EXERCISE REQUIREMENTS: Type again, exactly, the lines below from the start through the line that includes "more_pairs spaced [] = true".

MATERIAL FOR THIS TASK:

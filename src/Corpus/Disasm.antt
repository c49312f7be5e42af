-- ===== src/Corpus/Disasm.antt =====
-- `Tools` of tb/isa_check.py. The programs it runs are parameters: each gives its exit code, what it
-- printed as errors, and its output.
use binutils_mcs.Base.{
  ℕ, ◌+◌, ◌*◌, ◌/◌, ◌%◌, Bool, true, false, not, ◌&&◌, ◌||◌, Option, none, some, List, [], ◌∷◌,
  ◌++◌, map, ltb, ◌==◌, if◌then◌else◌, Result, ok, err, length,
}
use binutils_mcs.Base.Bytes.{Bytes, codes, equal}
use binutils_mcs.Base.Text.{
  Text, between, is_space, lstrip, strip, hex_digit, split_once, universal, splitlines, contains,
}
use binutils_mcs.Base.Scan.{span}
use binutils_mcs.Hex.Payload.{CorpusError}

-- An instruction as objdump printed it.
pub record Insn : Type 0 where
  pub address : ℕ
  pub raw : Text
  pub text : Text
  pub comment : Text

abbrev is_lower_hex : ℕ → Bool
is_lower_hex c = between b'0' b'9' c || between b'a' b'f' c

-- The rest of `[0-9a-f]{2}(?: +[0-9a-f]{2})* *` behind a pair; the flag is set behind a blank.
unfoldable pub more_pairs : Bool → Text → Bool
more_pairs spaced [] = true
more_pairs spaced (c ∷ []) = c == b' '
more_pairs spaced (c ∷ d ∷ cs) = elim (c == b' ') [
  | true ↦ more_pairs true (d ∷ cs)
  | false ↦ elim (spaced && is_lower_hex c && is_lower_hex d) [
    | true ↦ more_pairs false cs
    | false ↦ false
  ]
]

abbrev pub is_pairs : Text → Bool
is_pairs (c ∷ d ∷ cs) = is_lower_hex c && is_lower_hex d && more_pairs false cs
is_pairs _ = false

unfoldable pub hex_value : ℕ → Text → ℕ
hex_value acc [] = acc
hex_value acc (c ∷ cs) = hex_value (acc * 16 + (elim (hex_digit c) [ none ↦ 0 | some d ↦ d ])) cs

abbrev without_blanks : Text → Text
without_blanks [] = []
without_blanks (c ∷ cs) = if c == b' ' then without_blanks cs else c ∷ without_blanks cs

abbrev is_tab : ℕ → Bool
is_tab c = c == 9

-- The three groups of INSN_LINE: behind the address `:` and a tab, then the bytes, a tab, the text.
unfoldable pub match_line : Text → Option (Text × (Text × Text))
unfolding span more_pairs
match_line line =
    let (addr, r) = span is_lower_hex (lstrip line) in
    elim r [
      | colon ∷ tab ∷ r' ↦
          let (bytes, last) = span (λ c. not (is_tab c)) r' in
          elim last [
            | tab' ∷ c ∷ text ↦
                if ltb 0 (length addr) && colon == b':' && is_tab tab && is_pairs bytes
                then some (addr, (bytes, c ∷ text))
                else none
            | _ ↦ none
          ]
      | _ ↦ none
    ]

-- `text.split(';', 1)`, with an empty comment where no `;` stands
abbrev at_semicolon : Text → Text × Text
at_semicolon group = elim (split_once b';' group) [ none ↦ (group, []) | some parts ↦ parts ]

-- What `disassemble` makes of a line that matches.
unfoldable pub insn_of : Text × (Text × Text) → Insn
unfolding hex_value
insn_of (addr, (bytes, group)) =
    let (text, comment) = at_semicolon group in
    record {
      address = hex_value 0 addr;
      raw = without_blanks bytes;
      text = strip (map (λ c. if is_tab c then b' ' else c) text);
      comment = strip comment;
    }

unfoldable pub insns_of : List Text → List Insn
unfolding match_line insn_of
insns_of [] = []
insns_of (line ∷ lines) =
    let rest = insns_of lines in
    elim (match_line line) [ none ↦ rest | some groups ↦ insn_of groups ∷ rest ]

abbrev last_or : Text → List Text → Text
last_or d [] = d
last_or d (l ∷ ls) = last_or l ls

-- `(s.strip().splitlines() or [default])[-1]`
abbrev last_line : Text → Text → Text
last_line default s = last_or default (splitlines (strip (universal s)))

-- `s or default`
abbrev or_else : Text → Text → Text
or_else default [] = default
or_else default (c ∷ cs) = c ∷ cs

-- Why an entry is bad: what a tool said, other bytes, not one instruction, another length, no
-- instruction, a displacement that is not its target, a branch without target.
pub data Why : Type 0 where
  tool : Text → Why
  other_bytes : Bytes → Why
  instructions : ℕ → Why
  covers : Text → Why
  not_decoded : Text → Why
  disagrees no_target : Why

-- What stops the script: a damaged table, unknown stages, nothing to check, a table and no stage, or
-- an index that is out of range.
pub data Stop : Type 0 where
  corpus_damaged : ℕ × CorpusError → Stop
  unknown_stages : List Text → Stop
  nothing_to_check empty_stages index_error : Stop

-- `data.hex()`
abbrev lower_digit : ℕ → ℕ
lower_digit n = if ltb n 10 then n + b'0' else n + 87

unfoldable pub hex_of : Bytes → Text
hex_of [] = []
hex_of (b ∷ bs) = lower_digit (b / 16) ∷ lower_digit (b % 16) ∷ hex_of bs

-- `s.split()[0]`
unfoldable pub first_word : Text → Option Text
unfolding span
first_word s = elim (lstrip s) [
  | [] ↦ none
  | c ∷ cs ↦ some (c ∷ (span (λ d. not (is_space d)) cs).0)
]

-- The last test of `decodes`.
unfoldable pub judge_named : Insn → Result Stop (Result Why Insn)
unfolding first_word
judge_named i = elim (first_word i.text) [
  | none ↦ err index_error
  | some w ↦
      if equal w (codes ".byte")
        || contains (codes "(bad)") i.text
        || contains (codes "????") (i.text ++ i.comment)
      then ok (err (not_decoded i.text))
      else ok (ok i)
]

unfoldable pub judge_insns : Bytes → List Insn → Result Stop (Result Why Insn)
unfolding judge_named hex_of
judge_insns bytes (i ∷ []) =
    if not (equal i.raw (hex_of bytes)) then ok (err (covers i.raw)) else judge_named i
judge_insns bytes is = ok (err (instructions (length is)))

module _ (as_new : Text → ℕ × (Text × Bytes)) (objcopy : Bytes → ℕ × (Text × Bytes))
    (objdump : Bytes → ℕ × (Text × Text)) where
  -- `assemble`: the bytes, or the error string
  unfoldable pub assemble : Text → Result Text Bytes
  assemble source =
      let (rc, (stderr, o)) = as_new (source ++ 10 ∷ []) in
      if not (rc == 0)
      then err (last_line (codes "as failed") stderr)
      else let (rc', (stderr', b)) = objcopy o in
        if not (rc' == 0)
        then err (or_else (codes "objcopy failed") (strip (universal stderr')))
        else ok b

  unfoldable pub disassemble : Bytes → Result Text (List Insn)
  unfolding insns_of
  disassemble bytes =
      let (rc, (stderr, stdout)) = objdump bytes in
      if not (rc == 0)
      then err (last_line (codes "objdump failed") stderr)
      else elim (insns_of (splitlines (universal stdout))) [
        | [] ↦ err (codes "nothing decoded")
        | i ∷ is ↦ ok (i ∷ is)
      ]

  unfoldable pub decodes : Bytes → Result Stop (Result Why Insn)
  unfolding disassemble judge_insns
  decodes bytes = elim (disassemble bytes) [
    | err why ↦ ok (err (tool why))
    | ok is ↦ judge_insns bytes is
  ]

REPLY:
filename src/Corpus/Disasm.antt
repository c49312f7be5e42af
-- ===== src/Corpus/Disasm.antt =====
-- `Tools` of tb/isa_check.py. The programs it runs are parameters: each gives its exit code, what it
-- printed as errors, and its output.
use binutils_mcs.Base.{
  ℕ, ◌+◌, ◌*◌, ◌/◌, ◌%◌, Bool, true, false, not, ◌&&◌, ◌||◌, Option, none, some, List, [], ◌∷◌,
  ◌++◌, map, ltb, ◌==◌, if◌then◌else◌, Result, ok, err, length,
}
use binutils_mcs.Base.Bytes.{Bytes, codes, equal}
use binutils_mcs.Base.Text.{
  Text, between, is_space, lstrip, strip, hex_digit, split_once, universal, splitlines, contains,
}
use binutils_mcs.Base.Scan.{span}
use binutils_mcs.Hex.Payload.{CorpusError}

-- An instruction as objdump printed it.
pub record Insn : Type 0 where
  pub address : ℕ
  pub raw : Text
  pub text : Text
  pub comment : Text

abbrev is_lower_hex : ℕ → Bool
is_lower_hex c = between b'0' b'9' c || between b'a' b'f' c

-- The rest of `[0-9a-f]{2}(?: +[0-9a-f]{2})* *` behind a pair; the flag is set behind a blank.
unfoldable pub more_pairs : Bool → Text → Bool
more_pairs spaced [] = true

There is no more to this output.